Hector Shaw isn’t. A former soldier suffering from PTSD, he’s been recruited to work for a clandestine security company under strange circumstances. What do they really want him for? Siobhan Dempsey isn’t, either. She’s only just gotten her life together when she finds that she can do magick. Real magick. Why now, and why her?
Book creation ratings:
Overall total -- 16
out of a possible 30
-- Story &
characters -- 1
-- Cover & title
-- 7
-- Editing &
formatting -- 8
* based on a 1-10
scale with: 1-4, poor; 5-7, good; 8-10,
very good.*
The review --
This story is far too
overly detailed with brand names and pop culture references in the exposition,
so much so that it becomes a distraction rather than informative. I can see
doing it once or twice to set the mood and atmosphere of a scene, but it is constant
here, to the point where I wonder if the author’s getting kickbacks from real
and fictional companies for product placement. Unless that brand of whatever is
essential to the story (and that’s the only brand of whatever that could
possibly slay the dragon), don’t beat us over the head with the descriptions.
The story is very disjointed.
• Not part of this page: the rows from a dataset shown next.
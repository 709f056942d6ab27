-- ===== src/Client/Opening.antt =====
-- pkg/client: StdioClient.Start and HTTPClient.Connect, up to the goroutine that they start. What the
-- operating system or the server answers is an argument.
use Prim.Native.String
use mcp_module.Common.{
  Bool, Bool-cases, ◌⊎◌, true, false, ◌≡◌, ◌≢◌, inl, inr, refl, arith, ℕ, String, Option, none,
  some, List, ◌++◌, map, Dict, nat_eq, if◌then◌else◌,
}
use mcp_module.Client.Config.{Config, sse_url}

-- The errors of StdinPipe, StdoutPipe and exec.Cmd.Start.
pub record Launch : Type 0 where
  pub stdin_pipe : Option String
  pub stdout_pipe : Option String
  pub started : Option String

-- exec.Cmd, as Start fills it; `env` is the configuration's in the order of `range`.
pub record Command : Type 0 where
  pub path : String
  pub arguments : List String
  pub environment : List String

abbrev pub assignment : String × String → String
assignment (k, v) = String.◌++◌ k (String.◌++◌ "=" v)

unfoldable pub server_process : List String → Dict String → Config → Command
server_process environ env c = record {
  path = c.server_command;
  arguments = c.server_args;
  environment = environ ++ map assignment env;
}

-- fmt.Errorf with a prefix, where there is an error; the next call follows where there is none.
unfoldable pub or_else : String → Option String → Option String → Option String
or_else prefix (some m) next = some (String.◌++◌ prefix m)
or_else prefix none next = next

-- StdioClient.Start; `none` is a nil error.
unfoldable pub start : Launch → Option String
unfolding or_else
start a = or_else "failed to create stdin pipe: " a.stdin_pipe (
    or_else "failed to create stdout pipe: " a.stdout_pipe
      (or_else "failed to start server process: " a.started none))

-- What the GET of the SSE address leads to: no request can be made of it, the request fails, or a
-- response with a status comes.
pub data SseAnswer : Type 0 where
  bad_url no_answer : String → SseAnswer
  status : ℕ → SseAnswer

pub data ConnectError : Type 0 where
  no_request not_connected : String → ConnectError
  bad_status : ℕ → ConnectError

-- HTTPClient.Connect: its error, whether the context of the connection is cancelled, the address
-- that was asked, and whether the reader of the stream has been started.
pub record Connecting : Type 0 where
  pub error : Option ConnectError
  pub cancelled : Bool
  pub address : String
  pub reader_started : Bool

abbrev not_opened : String → ConnectError → Connecting
not_opened address e = record {
  error = some e;
  cancelled = true;
  address = address;
  reader_started = false;
}

unfoldable pub connect_to : String → SseAnswer → Connecting
connect_to address (bad_url m) = not_opened address (no_request m)
connect_to address (no_answer m) = not_opened address (not_connected m)
connect_to address (status n) =
    if nat_eq n 200
    then record { error = none; cancelled = false; address = address; reader_started = true }
    else not_opened address (bad_status n)

unfoldable pub connect : (String → SseAnswer) → Config → Connecting
unfolding connect_to
connect fetch c = connect_to (sse_url c) (fetch (sse_url c))

-- Start has no error only where each of its three steps has none.
pub start-none :
    (a : Launch)
    → start a ≡ none
    → (a.stdin_pipe ≡ none) × (a.stdout_pipe ≡ none) × (a.started ≡ none)
unfolding start or_else
start-none a e = ground (arith, e)

-- Either the reader runs, or there is an error and the context is cancelled.
abbrev pub Opens : Connecting → Type 0
Opens x =
    ((x.reader_started ≡ true) × (x.error ≡ none) × (x.cancelled ≡ false))
    ⊎ ((x.reader_started ≡ false) × (x.error ≢ none) × (x.cancelled ≡ true))

opened : (address : String) (a : SseAnswer) → Opens (connect_to address a)
unfolding connect_to
opened address (bad_url m) = inr (refl, λ e. cc, refl)
opened address (no_answer m) = inr (refl, λ e. cc, refl)
opened address (status n) = elim (Bool-cases (nat_eq n 200)) [
  | inl good ↦ rw good (inl (refl, refl, refl))
  | inr bad ↦ rw bad (inr (refl, λ e. cc, refl))
]

-- Connect starts the reader, or else returns an error and has cancelled the context.
pub connect-Opens : (fetch : String → SseAnswer) (c : Config) → Opens (connect fetch c)
unfolding connect
connect-Opens fetch c = opened (sse_url c) (fetch (sse_url c))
While the book is fairly well-written on a
technical level, there’s not a lot of cohesiveness to the various vignettes. To
me, it read like someone had pulled a Brion Gyson on a bunch of short stories,
cutting them up and putting segments together randomly. The characters aren't
very sympathetic, and very few even have minor traits that a reader would want
to identify with (or at least there weren’t any I could identify with).
That seems to be a new
theme with indie literature, at least with the preponderance of the stuff I’ve
had the misfortune to read lately:
It is very hard, if
not impossible, to care about the characters. I realize that people in
real-life are rarely all nice-nice, but you have got to give us something,
anything, in order for us to care that a character is growing. If a story is
incredibly well-written or plotted, I can often forgive that fault, but you’ve
got to have one hell of a good tale in order to make it work. Remember: You can
have Hitler saving kittens from a house fire, but that’s certainly not going to
make your readers root for Hitler. Likewise if you have a bunch of annoying,
overbearing, silver-spoon-in-mouth players - it is going to take a lot of
redemption to make any of them likeable. I didn’t see much of that
here.
The story did bring up
some interesting contrasts, between the technology- and product-driven pop
culture of today (and the near-future) and themes in Scripture and religion,
but I think the way that the story was told, at least for me, diluted that dichotomy.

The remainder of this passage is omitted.